America Astray: Police target journalists covering civil unrest

WASHINGTON — America wakes up this morning with cities still smoldering after a weekend of violent protest, in a country that feels increasingly like a warzone. 

And for reporters who were on the frontlines covering the unrest, the list of injuries reads like a dispatch from a combat field hospital.

A photographer in Minneapolis is blind in one eye after a police officer’s rubber bullet caught her as she worked. A television producer was thrown to the ground and pepper sprayed in the face by police after showing his press card. A journalist in Long Beach took a rubber bullet to the throat fired by a police officer aiming at him after he finished an interview with a protester. A correspondent was hit by a police projectile while on air in front of the White House. A veteran reporter was zip tied and detained without charges by the NYPD, held in a crowded jail cell with dozens of others without social distancing in the middle of a pandemic.

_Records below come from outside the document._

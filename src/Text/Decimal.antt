-- ===== src/Text/Decimal.antt =====
-- `String(n)` and `padStart` for natural numbers.
use kigali_pack.Base.{
  ℕ, zero, suc, ◌+◌, ◌-◌, ◌*◌, ◌/◌, ◌%◌, ◌≤◌, ◌<◌, ◌≡◌, refl, true, [], ◌∷◌, ◌++◌, arith, ltb,
  if◌then◌else◌, length, length-append, lt→ltb,
}
use kigali_pack.Text.{Text, all, is_digit}

-- Twenty digits are enough for every integer that a `number` holds exactly.
unfoldable pub decimal_from : ℕ → ℕ → Text
decimal_from zero n = []
decimal_from (suc fuel) n =
    let rest = decimal_from fuel (n / 10) in
    if ltb n 10 then (b'0' + n) ∷ [] else rest ++ (b'0' + n % 10) ∷ []

unfoldable pub decimal : ℕ → Text
decimal n = decimal_from 20 n

unfoldable pub zeros : ℕ → Text
zeros zero = []
zeros (suc k) = b'0' ∷ zeros k

-- `s.padStart(width, '0')`
unfoldable pub pad_start : ℕ → Text → Text
pad_start width s = zeros (width - length s) ++ s

abbrev pow10 : ℕ → ℕ
pow10 zero = 1
pow10 (suc k) = 10 * pow10 k

pub all-append :
    (s t : Text) → all is_digit s ≡ true → all is_digit t ≡ true → all is_digit (s ++ t) ≡ true
all-append [] t h k = k
all-append (c ∷ s) t h k = ground (arith, all-append s t)

pub all-decimal_from : (fuel n : ℕ) → all is_digit (decimal_from fuel n) ≡ true
unfolding decimal_from
all-decimal_from zero n = refl
all-decimal_from (suc fuel) n = ground (
  arith,
  all-append (decimal_from fuel (n / 10)) ((b'0' + n % 10) ∷ []),
  all-decimal_from fuel (n / 10),
)

length-decimal_from : (k fuel n : ℕ) → n < pow10 (suc k) → length (decimal_from fuel n) ≤ suc k
unfolding decimal_from
length-decimal_from k zero n h = omega arith
length-decimal_from zero (suc fuel) n h = rw (lt→ltb n 10 (omega arith)) (omega arith)
length-decimal_from (suc k) (suc fuel) n h = ground (
  arith,
  length-append (decimal_from fuel (n / 10)) ((b'0' + n % 10) ∷ []),
  length-decimal_from k fuel (n / 10),
)

length-zeros : (k : ℕ) → length (zeros k) ≡ k
unfolding zeros
length-zeros zero = refl
length-zeros (suc k) = omega (arith, length-zeros k)

all-zeros : (k : ℕ) → all is_digit (zeros k) ≡ true
unfolding zeros
all-zeros zero = refl
all-zeros (suc k) = all-zeros k

-- A number below 10 ^ 7, padded to seven digits.
pub pad_start_seven :
    (n : ℕ)
    → n < 10000000
    → (length (pad_start 7 (decimal n)) ≡ 7) × (all is_digit (pad_start 7 (decimal n)) ≡ true)
unfolding pad_start decimal
pad_start_seven n h = (
  omega (
    arith,
    length-append (zeros (7 - length (decimal_from 20 n))) (decimal_from 20 n),
    length-zeros (7 - length (decimal_from 20 n)),
    length-decimal_from 6 20 n h,
  ),
  all-append (zeros (7 - length (decimal_from 20 n))) (decimal_from 20 n) (all-zeros _)
      (all-decimal_from 20 n),
)

decimal_from_step :
    (fuel n : ℕ)
    → 10 ≤ n
    → decimal_from (suc fuel) n ≡ decimal_from fuel (n / 10) ++ (b'0' + n % 10) ∷ []
unfolding decimal_from
decimal_from_step fuel n h = ground arith

decimal_from_last : (fuel n : ℕ) → n < 10 → decimal_from (suc fuel) n ≡ (b'0' + n) ∷ []
unfolding decimal_from
decimal_from_last fuel n h = ground arith

pub decimal_two : (n : ℕ) → 10 ≤ n → n < 100 → decimal n ≡ (b'0' + n / 10) ∷ (b'0' + n % 10) ∷ []
unfolding decimal
decimal_two n h k =
    rw (decimal_from_step 19 n h) (rw (decimal_from_last 18 (n / 10) (omega arith)) refl)

pub decimal_four :
    (n : ℕ)
    → 1000 ≤ n
    → n < 10000
    → decimal n
      ≡ (b'0' + n / 1000) ∷ (b'0' + n / 100 % 10) ∷ (b'0' + n / 10 % 10) ∷ (b'0' + n % 10) ∷ []
unfolding decimal
decimal_four n h k = rw (decimal_from_step 19 n (omega arith)) (
    rw (decimal_from_step 18 (n / 10) (omega arith)) (
      rw (decimal_from_step 17 (n / 10 / 10) (omega arith))
        (rw (decimal_from_last 16 (n / 10 / 10 / 10) (omega arith)) (ground arith))))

The list goes on as journalists across the country put their safety on the line to document the historic civil unrest in response to the Minneapolis police killing of George Floyd, an African American man who died with an officer’s knee in his neck.

Protest at the third precinct in Minneapolis, Minnesota, for the murder of George Floyd by four police officers. May 28, 2020. (Photo by Jenny Salita/Flickr)

Officials in 26 states and Washington, D.C. mobilized the National Guard to support police response this weekend, and too often journalists became targets of what Reporters Without Borders called “unprecedented” official and protester violence. The U.S. Press Freedom Tracker, led by the Freedom of the Press Foundation and the Committee to Protect Journalists, said Monday that while it has documented 100-150 press freedom violations in the US annually over the last 3 years, it is “currently investigating *over 100* FROM JUST THE LAST 3 DAYS.”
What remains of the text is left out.